Task Force for Automatic Gameplay Evaluation

Our mission

Most games are consciously designed with a specific experience or vision in mind. This vision can differ significantly between games and genres. Games are commonly designed for entertainment and competition purposes, but self-expression, social critique and knowledge discovery are also valid design objectives. Determining whether an objective is fulfilled is often quite difficult due to the complexity of modern games and the variability of human responses. For this reason, games are commonly play-tested before being published. They are not, however, playtested well or effectively in many cases.

Play-tests are expensive and time-consuming and not every aspect of the game can be evaluated before being published. This is particularly true for games that are meant to be played for long periods of time, with large groups of people. In addition, playtests need to be designed carefully with the intended game experience in mind. However, much of the design and fine-tuning processes of a game rely on intuitive judgement and the experience of the designer. Of course, with exhaustive testing being impossible, adjustments to the game are in some cases scheduled semi-regularly (as patches) depending on observations of how the game is received. If a game does not work at all as intended (i.e. it is considered broken), sometimes patches may be in order to resolve the discovered problems.

These problems speak to the need for the game evaluation task force. Researchers have proposed methods intended to assist game designers using methods from the field of artificial and computational intelligence (AI and CI, respectively). Many of the publications in the area of AI-assisted game design includes an automatic evaluation of a game or specific game content. The information obtained about the game and its content are usually provided to a designer in order to support their design and decision-making process. Additionally, methods in the field of Artificial and Computational Intelligence in Games that involve the automatic generation of content, narrative, or rules for games rely on some form of machinable evaluation of their output. We will further also be drawing on expertise from the field of sensemaking and data visualisation in order to ensure the interpretability of the evaluation approaches.

Clearly there is demonstrable prevalence and necessity of evaluation methods for games. Still, to our knowledge, there is a surprising lack of generality and verification regarding these methods, even in scientific publications on game design. The employed evaluation methods are typically specific to one game. Too often, the methods neither include research on player modelling nor are validated experimentally. This is understandably the case in publications where the evaluation is not the focus of the work, as evaluation methods can usually be exchanged for another. However, we argue that employing arbitrary evaluation methods in research publications can be misleading in terms of the analysis and evaluation of the actual added value and potential applications of e.g. a content generation algorithm. On top of that, employing artificial evaluation methods can seem detached from the expectations of designers and developers in the game industry.

We thus propose to organise efforts towards the development, analysis, and dissemination of gameplay evaluation methods through a task force. These methods are regularly employed, but not efficiently compared and published. No central repository for methods currently exists.
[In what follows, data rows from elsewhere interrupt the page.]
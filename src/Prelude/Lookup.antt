-- ===== src/Prelude/Lookup.antt =====
-- `contains` and membership of a list of texts.
use mathlib.Core.Path.{◌≡◌, refl, sym}
use mathlib.Core.Logic.{inl, inr}
use mathlib.Core.Bool.{true}
use mathlib.Core.List.{List, [], ◌∷◌}
use native.Mathlib.Omega.{arith}
use alpha_swarm.Prelude.Tests.{Bool-cases}
use alpha_swarm.Prelude.Texts.{Text, text_eq, text_eq_iff, contains}
use alpha_swarm.Prelude.Members.{In, here, there}

pub contains-In : (xs : List Text) (a : Text) → contains xs a ≡ true → In a xs
contains-In [] a h = cc
contains-In (x ∷ xs) a h = elim (Bool-cases (text_eq x a)) [
  | inl same ↦ here (sym ((text_eq_iff x a).0 same))
  | inr other ↦ there (contains-In xs a (rw other at h))
]

pub In-contains : (xs : List Text) (a : Text) → In a xs → contains xs a ≡ true
In-contains [] a m = elim m [ ]
In-contains (x ∷ xs) a (here e) = rw ((text_eq_iff x a).1 (sym e)) refl
In-contains (x ∷ xs) a (there m) = ground (arith, In-contains xs a m)
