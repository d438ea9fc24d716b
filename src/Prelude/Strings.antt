-- ===== src/Prelude/Strings.antt =====
-- String methods of Rust's standard library that the source calls: `ends_with`, `lines`, `join`.
use Prim.Native.Nat.{ℕ}
use mathlib.Core.Bool.{Bool, false, ◌&&◌, ◌||◌}
use mathlib.Core.List.{List, [], ◌∷◌, ◌++◌}
use alpha_swarm.Prelude.Tests.{nat_eq, if◌then◌else◌}
use alpha_swarm.Prelude.Texts.{Text, text_eq}

unfoldable pub ends_with : Text → Text → Bool
ends_with [] suffix = text_eq [] suffix
ends_with (b ∷ bs) suffix = text_eq (b ∷ bs) suffix || ends_with bs suffix

abbrev onto_first : ℕ → List Text → List Text
onto_first b [] = (b ∷ []) ∷ []
onto_first b (l ∷ ls) = (b ∷ l) ∷ ls

abbrev line_feed_next : Text → Bool
line_feed_next [] = false
line_feed_next (b ∷ bs) = nat_eq b 10

-- A line ends with a line feed or with a carriage return and a line feed; the last may have none.
unfoldable pub lines : Text → List Text
lines [] = []
lines (b ∷ bs) =
    let rest = lines bs in
    if nat_eq b 10
    then [] ∷ rest
    else if nat_eq b 13 && line_feed_next bs
    then rest
    else onto_first b rest

unfoldable pub join : Text → List Text → Text
join separator [] = []
join separator (t ∷ []) = t
join separator (t ∷ u ∷ ts) = t ++ (separator ++ join separator (u ∷ ts))
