-- ===== src/Prelude/Results.antt =====
-- `Result<A, E>` of the source, and the `?` operator as a bind.
pub data Result {ℓ κ} (E : Type κ) (A : Type ℓ) : Type (ℓ ⊔ κ) where
  ok : A → Result E A
  err : E → Result E A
In the following, we outline how the new task force will accomplish this in the future..

Evaluation Error Sources

State-of-the-art game (content) evaluation methods are often based on various assumptions that can be the source of an error in the evaluation.

AI playtesting: Many approaches rely on playtraces or results generated by player AIs. However, AIs can usually not reproduce human behaviour, thus introducing an error.
Measures on playthroughs: Several approaches define measures on playtraces, such as distance to the optimal path for difficulty or the win rate. However, it is unclear whether these measures translate into something a human player would perceive while playing, independent of whether the data was collected from human playthroughs.
Additional data (bots): Some methods include more information in addition to the playtrace, such as critique via utility functions or computation cost. These methods do have potential but the resulting data requires verification.
Additional data (humans): Similarly, there are other approaches that add physiological data (e.g. brain activity) relying on methods from affective computing. These are among the most promising but unfortunately rely on the assumption that human reaction can be interpreted correctly. Additionally, employing them can be costly.
Aggregation and Coverage: Usually, values obtained from aggregation methods are simply aggregated over a set of playthroughs. However, this approach might ignore potential gamebreaking outliers. Additionally, it is rarely guaranteed that all possible types of playthroughs are covered as it would be in automatic testing.

The new task force seeks to improve the state-of-the-art in game evaluation as much as possible with the eventual goal of reliable automatic evaluation of a game.

Goals

In the short-term, the task force will create awareness of the existing lack of scrutiny regarding game evaluation methods, as well as encourage more researchers in academia and industry to participate in this discussion. This will be done via special sessions at conferences, special issues of appropriate journals like the IEEE Transactions on Games, and by organizing workshops. In the long term, the task force will:

create an archive of published game (content) evaluation methods, along with data regarding their reliability, strengths and weaknesses. Creating a taxonomy and survey of these methods is a first step in this direction;
identify approaches for game (content) evaluation that have not yet been fully explored and encourage research in this direction;
develop game (content) evaluation methods that can realistically be used in AI-assisted game design;
develop a network across different research communities that use and are otherwise interested in game evaluation, as well as introduce connections with the games industry.